Honest disclosure of what is not yet in place:

  • SOC 2 Type II (own attestation) In flight — readiness assessment in progress; first audit cycle targeted Q3 2026; first attestation report Q4 2026.
  • SOC 2 customer evidence-mapping In flight — the deliverable to your auditor for your own SOC 2 controls; targeted to be available to design partners Q3 2026; targeted to be generally available with the AgenticMem Attest tier.
  • HIPAA BAA template In flight — under legal review; available to design partners Q3 2026
  • FedRAMP authorization Charter — agency sponsor identification in progress; targeted authorization 2027 via FedRAMP 20x
  • ITAR registration Charter — pursued in parallel with first defense contractor design partner engagement
  • Penetration test report In flight — first independent third-party penetration test scheduled Q3 2026.
  • Insurance program (E&O / cyber) In flight — in procurement. Targeted to be in place prior to commercial launch. Any carrier and limits applicable to a given engagement are matters for the customer agreement applicable to that engagement; not disclosed on this page.
  • 24/7 SOC operations In flight — build in progress. Targeted to be stood up alongside AgenticMem Attest launch (Q3 2026). Any response targets applicable to a given engagement are specified in the customer agreement applicable to that engagement.
  • Hardware-attested keys (Ed25519) In flight — v0.7 milestone. Substrate-level Ed25519 attestation ships with ai-memory v0.7, target end Q2 2026.
  • Cleared workforce Charter — no AgenticMem personnel hold federal security clearances as of 2026-05; clearance is targeted to be initiated through the sponsoring-agency process at engagement, alongside Sovereign-tier delivery.

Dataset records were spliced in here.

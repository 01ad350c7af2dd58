-- ===== src/Pipeline/Runner.antt =====
-- `run_research` of backend/app/engine/orchestration/runner.py. `now_utc` is the time when it ends, `quote`
-- stands for `quote_plus`, `parent` for the folder that holds one, and `text_of` for the text of an
-- exception; the disk takes the manifest and
-- the result.
use researchhub_engine.Prelude.{String, ◌⊎◌, inl, inr, Option, some, List, [], ◌∷◌, concat}
use researchhub_engine.Contracts.{JobState, StepResult, MapLink, ResearchResult}
use researchhub_engine.Sources.{SourceException}
use researchhub_engine.Sources.Context.{Context}
use researchhub_engine.Sources.Services.{Python, Services}
use researchhub_engine.Adapters.Fetching.{RunArguments}
use researchhub_engine.Resolution.{Places, full_else}
use researchhub_engine.Resolution.Phases.{resolve_property_context}
use researchhub_engine.Pipeline.{research_steps}

module _ (quote parent : String → String) where
  abbrev pub map_links : String → Context → List MapLink
  map_links address ctx =
      record {
        label = "Google Maps";
        url =
            concat
              ("https://www.google.com/maps/search/?api=1&query=" ∷ ctx.lat ∷ "," ∷ ctx.lon ∷ []);
      }
      ∷ record {
        label = "Google Street View";
        url = concat (
            "https://www.google.com/maps/@?api=1&map_action=pano&viewpoint=" ∷ ctx.lat ∷ ","
            ∷ ctx.lon ∷ []);
      }
      ∷ record {
        label = "Bing Maps (aerial)";
        url =
            concat
              ("https://www.bing.com/maps?cp=" ∷ ctx.lat ∷ "~" ∷ ctx.lon ∷ "&lvl=19&style=a" ∷ []);
      }
      ∷ record { label = "County Property Appraiser"; url = ctx.appraiser_url }
      ∷ record {
        label = "Search address on Google";
        url = concat (
            "https://www.google.com/search?q="
            ∷ quote (full_else ctx.matched_address address)
            ∷ []);
      }
      ∷ []

  -- the result, by the context that the steps leave
  unfoldable pub result_of : String → String → List StepResult → Context → ResearchResult
  result_of now_utc address steps ctx = record {
    job_number = ctx.job_number;
    order = ctx.order;
    parcel_id = ctx.parcel_id;
    address = ctx.address;
    matched_address = ctx.matched_address;
    county = ctx.county;
    county_fips = ctx.county_fips;
    state = ctx.state;
    lat = ctx.lat;
    lon = ctx.lon;
    name = ctx.name;
    geocoder = ctx.geocoder;
    map_links = map_links address ctx;
    folder = parent ctx.folder;
    steps = steps;
    warnings = ctx.warnings;
    completed_utc = some now_utc;
    job_state = JobState.completed;
    docs_dir = some ctx.folder;
    survey_type = ctx.survey_type;
  }

module _ (python : Python) (cut quote parent : String → String) (now_utc : String)
    (text_of : SourceException → String) (services : Services) (places : Places) where
  abbrev pub after_steps :
      String → (SourceException ⊎ List StepResult) × Context → String ⊎ ResearchResult
  after_steps address (inl e, ctx) = inl (text_of e)
  after_steps address (inr steps, ctx) = inr (result_of quote parent now_utc address steps ctx)

  abbrev pub on_context : Option (List String) → String → String ⊎ Context → String ⊎ ResearchResult
  on_context include address (inl e) = inl e
  on_context include address (inr ctx) =
      after_steps address (research_steps python cut services include ctx)

  unfoldable pub run_research :
      String → Option (List String) → RunArguments → String ⊎ ResearchResult
  unfolding resolve_property_context research_steps result_of
  run_research job_number include args =
      on_context include args.address (resolve_property_context python places job_number args)
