-- ===== src/Resolution/Confirmation.antt =====
-- What a context that `resolve_property_context` of backend/app/engine/orchestration/context.py returns
-- says of its parcel.
use mathlib.Core.Path.{subst}
use researchhub_engine.Prelude.{
  String, ◌≡◌, refl, ◌⊎◌, inl, inr, Bool, true, false, Option, none, some, List, [], ◌∷◌, str_eq,
  arith, contains, Bool-cases, str_eq_refl, contains-append,
}
use researchhub_engine.Sources.Context.{Parcel, no_appraisal, Context, add_warning, log}
use researchhub_engine.Sources.Services.{Python}
use researchhub_engine.Adapters.Fetching.{RunArguments}
use researchhub_engine.Prelude.{◌≢◌, ◌↔◌, ◌&&◌, not, if◌then◌else◌}
use researchhub_engine.Sources.Context.{Attributes}
use researchhub_engine.Sources.Legal.{is_full}
use researchhub_engine.Sources.Property.{is_nonempty}
use researchhub_engine.Geocoding.{Geo, geocode}
use researchhub_engine.Resolution.{
  find_parcel_id, Places, ParcelById, Origin, origin, selected_state, by_parcel, by_address,
  located_parcel, at_parcel,
}
use researchhub_engine.Resolution.Phases.{
  is_not_false, resolved_or_failed, is_confirmed, unconfirmed_warning, geocoder_warnings, Location,
  with_coordinates, parcel_at, finished_context, checked_context, after_location, after_origin,
  resolve_property_context,
}

-- Nothing is known of the parcel, and a warning says so.
pub record IsUnknown (parcel_id : String) (hints : List (String × String)) (warnings : List String)
    : Type 0 where
  pub no_id : parcel_id ≡ ""
  pub no_hints : hints ≡ []
  pub warned : contains unconfirmed_warning warnings ≡ true

-- A parcel that was found, that the address does not contradict and that no buffer was needed for.
abbrev pub IsSound : Parcel → Type 0
IsSound p = (p.parcels ≢ []) × (p.address_match ≢ some false) × (p.buffered_match ≡ false)

-- The parcel counts as confirmed exactly where it is sound, and otherwise nothing is known of it. Its
-- record card is empty, and there are no documents of the clerk yet.
pub record IsResolved (ctx : Context) : Type 0 where
  pub confirmed : (ctx.parcel_ok ≡ true) ↔ IsSound ctx.parcel
  pub known : (ctx.parcel_ok ≡ true) ⊎ IsUnknown ctx.parcel_id ctx.parcel_hints ctx.warnings
  pub no_record : ctx.appr ≡ some no_appraisal
  pub no_documents : ctx.clerk_docs ≡ none

is_confirmed_iff : (p : Parcel) → (is_confirmed p ≡ true) ↔ IsSound p
unfolding is_confirmed
is_confirmed_iff p = go p.parcels p.address_match p.buffered_match
  where
    go :
        (l : List Attributes) (m : Option Bool) (b : Bool)
        → ((is_nonempty l && is_not_false m && not b) ≡ true)
          ↔ ((l ≢ []) × (m ≢ some false) × (b ≡ false))
    go [] m b = ((λ h. cc), λ h. absurd (h.0 refl))
    go (x ∷ l) none true = ((λ h. cc), λ h. cc (h.2))
    go (x ∷ l) none false = ((λ h. ((λ e. cc), (λ e. cc), refl)), λ h. refl)
    go (x ∷ l) (some false) b = ((λ h. cc), λ h. absurd (h.1 refl))
    go (x ∷ l) (some true) true = ((λ h. cc), λ h. cc (h.2))
    go (x ∷ l) (some true) false = ((λ h. ((λ e. cc), (λ e. cc), refl)), λ h. refl)

contains-add_warning :
    (message : String) (items : List String)
    → str_eq message "" ≡ false
    → contains message (add_warning message items) ≡ true
unfolding add_warning
contains-add_warning message items full = elim (Bool-cases (contains message items)) [
  | inl there ↦ rw (full, there) there
  | inr missing ↦
      rw (full, missing, contains-append message items (message ∷ []), str_eq_refl message)
        (ground arith)
]

module _ (python : Python) (places : Places) where
  finished-IsResolved :
      (job_number order_number survey_type : String) (l : Location python places) (p : Parcel)
      (b : Bool) (pid : String) (hints : List (String × String)) (warnings : List String)
      → ((b ≡ true) ↔ IsSound p)
      → (b ≡ true) ⊎ IsUnknown pid hints warnings
      → IsResolved (
          finished_context python places job_number order_number survey_type l p b pid hints
            warnings)
  unfolding finished_context log
  finished-IsResolved job_number order_number survey_type l p b pid hints warnings c k = record {
    confirmed = c;
    known = k;
    no_record = refl;
    no_documents = refl;
  }

  checked_context-IsResolved :
      (job_number : String) (args : RunArguments) (l : Location python places) (p : Parcel)
      → IsResolved (checked_context python places job_number args l p)
  unfolding checked_context
  checked_context-IsResolved job_number args l p = elim (Bool-cases (is_confirmed p)) [
    | inl sure ↦ rw sure (
        finished-IsResolved job_number args.order_number args.survey_type l p true _ _ _
          (subst (λ b. (b ≡ true) ↔ IsSound p) sure (is_confirmed_iff p)) (inl refl))
    | inr unsure ↦ rw unsure (
        finished-IsResolved job_number args.order_number args.survey_type l p false _ _ _
          (subst (λ b. (b ≡ true) ↔ IsSound p) unsure (is_confirmed_iff p))
          (inr (record {
            no_id = refl;
            no_hints = refl;
            warned =
                contains-add_warning unconfirmed_warning (geocoder_warnings python l.geo.provider)
                  refl;
          })))
  ]

  module _ (args : RunArguments) where
    -- the search is by the identifier of a parcel
    abbrev pub is_by_parcel : Bool
    is_by_parcel =
        is_full (python.strip args.search_parcel_id) && not (is_full (python.strip args.address))

    -- Where the search is by an identifier, the parcel is the one that this finds.
    abbrev pub IsFoundById : Parcel → Type 0
    IsFoundById p =
        (is_by_parcel ≡ true)
        × ((r : ParcelById) × (places.resolve_by_id
                (selected_state python places args.selected_state)
                (python.strip args.search_parcel_id) (python.strip args.selected_county_fips)
              ≡ inr (some r))
            × (p ≡ r.parcel))

    -- Otherwise it is what the resolver gives at the place of the context; nothing, where it raises.
    abbrev pub IsFoundAt : Context → Type 0
    IsFoundAt ctx =
        (is_by_parcel ≡ false)
        × (let answer =
              places.resolve ctx.county_fips ctx.state ctx.county ctx.lat ctx.lon
                ctx.matched_address in
            (answer ≡ inr ctx.parcel)
            ⊎ ((e : String) × (answer ≡ inl e) × (ctx.parcel.parcels ≡ [])))

    abbrev CameBy : Option Parcel → Type 0
    CameBy none = is_by_parcel ≡ false
    CameBy (some p) = IsFoundById p

    origin-CameBy :
        (o : Origin python places) → origin python places args ≡ inr o → CameBy o.preresolved
    unfolding origin
    origin-CameBy o h = go is_by_parcel refl h
      where
        found :
            (r : String ⊎ Option ParcelById)
            → is_by_parcel ≡ true
            → places.resolve_by_id
                (selected_state python places args.selected_state)
                (python.strip args.search_parcel_id)
                (python.strip args.selected_county_fips)
              ≡ r
            → by_parcel python places args.search_parcel_id
                (selected_state python places args.selected_state)
                r
              ≡ inr o
            → CameBy o.preresolved
        found (inl e) b hr h = cc
        found (inr none) b hr h = cc
        found (inr (some pr)) b hr h = at_lat pr.lat h
          where
            at_lat :
                (lat : Option String)
                → located_parcel python places args.search_parcel_id
                    (selected_state python places args.selected_state)
                    pr
                    lat
                  ≡ inr o
                → CameBy o.preresolved
            at_lat none h = cc
            at_lat (some lat) h =
                let same : at_parcel python places args.search_parcel_id
                      (selected_state python places args.selected_state) pr lat pr.lon
                    ≡ o =
                  cc in
                rw (← same) (b, (pr, hr, refl))

        geocoded :
            (r : String ⊎ Geo)
            → is_by_parcel ≡ false
            → by_address python places args.address r ≡ inr o
            → CameBy o.preresolved
        geocoded (inl e) b h = cc
        geocoded (inr geo) b h =
            let same : record { geo = geo; st = ""; preresolved = none; address = args.address }
                ≡ o =
              cc in
            rw (← same) b

        go :
            (b : Bool)
            → is_by_parcel ≡ b
            → (if b
                then by_parcel python places args.search_parcel_id
                    (selected_state python places args.selected_state)
                    (places.resolve_by_id
                      (selected_state python places args.selected_state)
                      (python.strip args.search_parcel_id)
                      (python.strip args.selected_county_fips))
                else by_address python places args.address (geocode places.geocoders args.address))
              ≡ inr o
            → CameBy o.preresolved
        go true hb h = found _ hb refl h
        go false hb h = geocoded _ hb h

    -- Where the parcel of a context comes from.
    abbrev pub IsParcelOf : Context → Type 0
    IsParcelOf ctx = IsFoundById ctx.parcel ⊎ IsFoundAt ctx

    finished-IsParcelOf :
        (job_number order_number survey_type : String) (l : Location python places)
        (preresolved : Option Parcel) (b : Bool) (pid : String) (hints : List (String × String))
        (warnings : List String)
        → CameBy preresolved
        → IsParcelOf (
            finished_context python places job_number order_number survey_type l
              (parcel_at python places preresolved l)
              b
              pid
              hints
              warnings)
    unfolding finished_context log parcel_at
    finished-IsParcelOf job_number order_number survey_type l (some p) b pid hints warnings by_id =
        inl by_id
    finished-IsParcelOf job_number order_number survey_type l none b pid hints warnings by_place =
        inr (
          by_place,
          answered
              (places.resolve l.geo.county_fips l.state l.county l.lat l.lon l.geo.matched_address)
              refl,
        )
      where
        answered :
            (r : String ⊎ Parcel)
            → places.resolve l.geo.county_fips l.state l.county l.lat l.lon l.geo.matched_address
              ≡ r
            → (places.resolve l.geo.county_fips l.state l.county l.lat l.lon l.geo.matched_address
                ≡ inr (resolved_or_failed python places r))
              ⊎ ((e : String) × (places.resolve l.geo.county_fips l.state l.county l.lat l.lon
                      l.geo.matched_address
                    ≡ inl e)
                  × ((resolved_or_failed python places r).parcels ≡ []))
        answered (inl e) h = inr (e, h, refl)
        answered (inr p) h = inl h

    checked_context-IsParcelOf :
        (job_number : String) (l : Location python places) (preresolved : Option Parcel)
        → CameBy preresolved
        → IsParcelOf (
            checked_context python places job_number args l (parcel_at python places preresolved l))
    unfolding checked_context
    checked_context-IsParcelOf job_number l preresolved came =
        elim (Bool-cases (is_confirmed (parcel_at python places preresolved l))) [
          | inl sure ↦ rw sure (
              finished-IsParcelOf job_number args.order_number args.survey_type l preresolved true
                (find_parcel_id python (parcel_at python places preresolved l).parcels)
                (parcel_at python places preresolved l).hints
                (geocoder_warnings python l.geo.provider) came)
          | inr unsure ↦ rw unsure (
              finished-IsParcelOf job_number args.order_number args.survey_type l preresolved false
                "" [] (add_warning unconfirmed_warning (geocoder_warnings python l.geo.provider))
                came)
        ]

  -- The parcel of the context of a run is the one that the identifier finds, where the search is by an
  -- identifier; otherwise it is what the resolver gives at the context's place, and no parcel where this
  -- raises. It counts as confirmed exactly where it was found, the address does not contradict it and no
  -- buffer was needed for it. Otherwise the context has no identifier and no hints of the parcel, and a
  -- warning that says so.
  pub resolve_property_context-IsResolved :
      (job_number : String) (args : RunArguments) (ctx : Context)
      → resolve_property_context python places job_number args ≡ inr ctx
      → IsResolved ctx × IsParcelOf args ctx
  unfolding resolve_property_context
  resolve_property_context-IsResolved job_number args ctx =
      from_origin (origin python places args) refl
    where
      from_location :
          (preresolved : Option Parcel) (r : String ⊎ Location python places)
          → CameBy args preresolved
          → after_location python places job_number args preresolved r ≡ inr ctx
          → IsResolved ctx × IsParcelOf args ctx
      from_location preresolved (inl e) came h = cc
      from_location preresolved (inr l) came h =
          let same : checked_context python places job_number args l
                (parcel_at python places preresolved l)
              ≡ ctx =
            cc in
          rw (← same) (
            checked_context-IsResolved job_number args l (parcel_at python places preresolved l),
            checked_context-IsParcelOf args job_number l preresolved came,
          )

      from_origin :
          (r : String ⊎ Origin python places)
          → origin python places args ≡ r
          → after_origin python places job_number args r ≡ inr ctx
          → IsResolved ctx × IsParcelOf args ctx
      from_origin (inl e) hr h = cc
      from_origin (inr o) hr h =
          from_location o.preresolved (with_coordinates python places o o.geo.lat o.geo.lon)
            (origin-CameBy args o hr) h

If you need any of the above before we have it, we should not be your vendor yet. Run the OSS in pilot, evaluate other vendors that hold these certifications today, and revisit AgenticMem at our commercial launch.

Pre-launch inquiry — discovery call View ai-memory on GitHub

OSS permanence — pledge to be published

The Apache 2.0 license on ai-memory™ is permanent. The four principles describing the open-source-license posture (no relicense, no paywall on OSS features, no commercial coupling, right to fork) are intended to be published as a dated, owner-signed OSS Permanence Pledge at github.com/alphaonedev/ai-memory-mcp once finalized. Marketing language about future licensing can be unwound by the entity that produced it; a published pledge document at the canonical repository sits at a different evidentiary level. Procurement teams may attach the pledge document, once published, to their vendor file as the open-source-license posture of ai-memory™.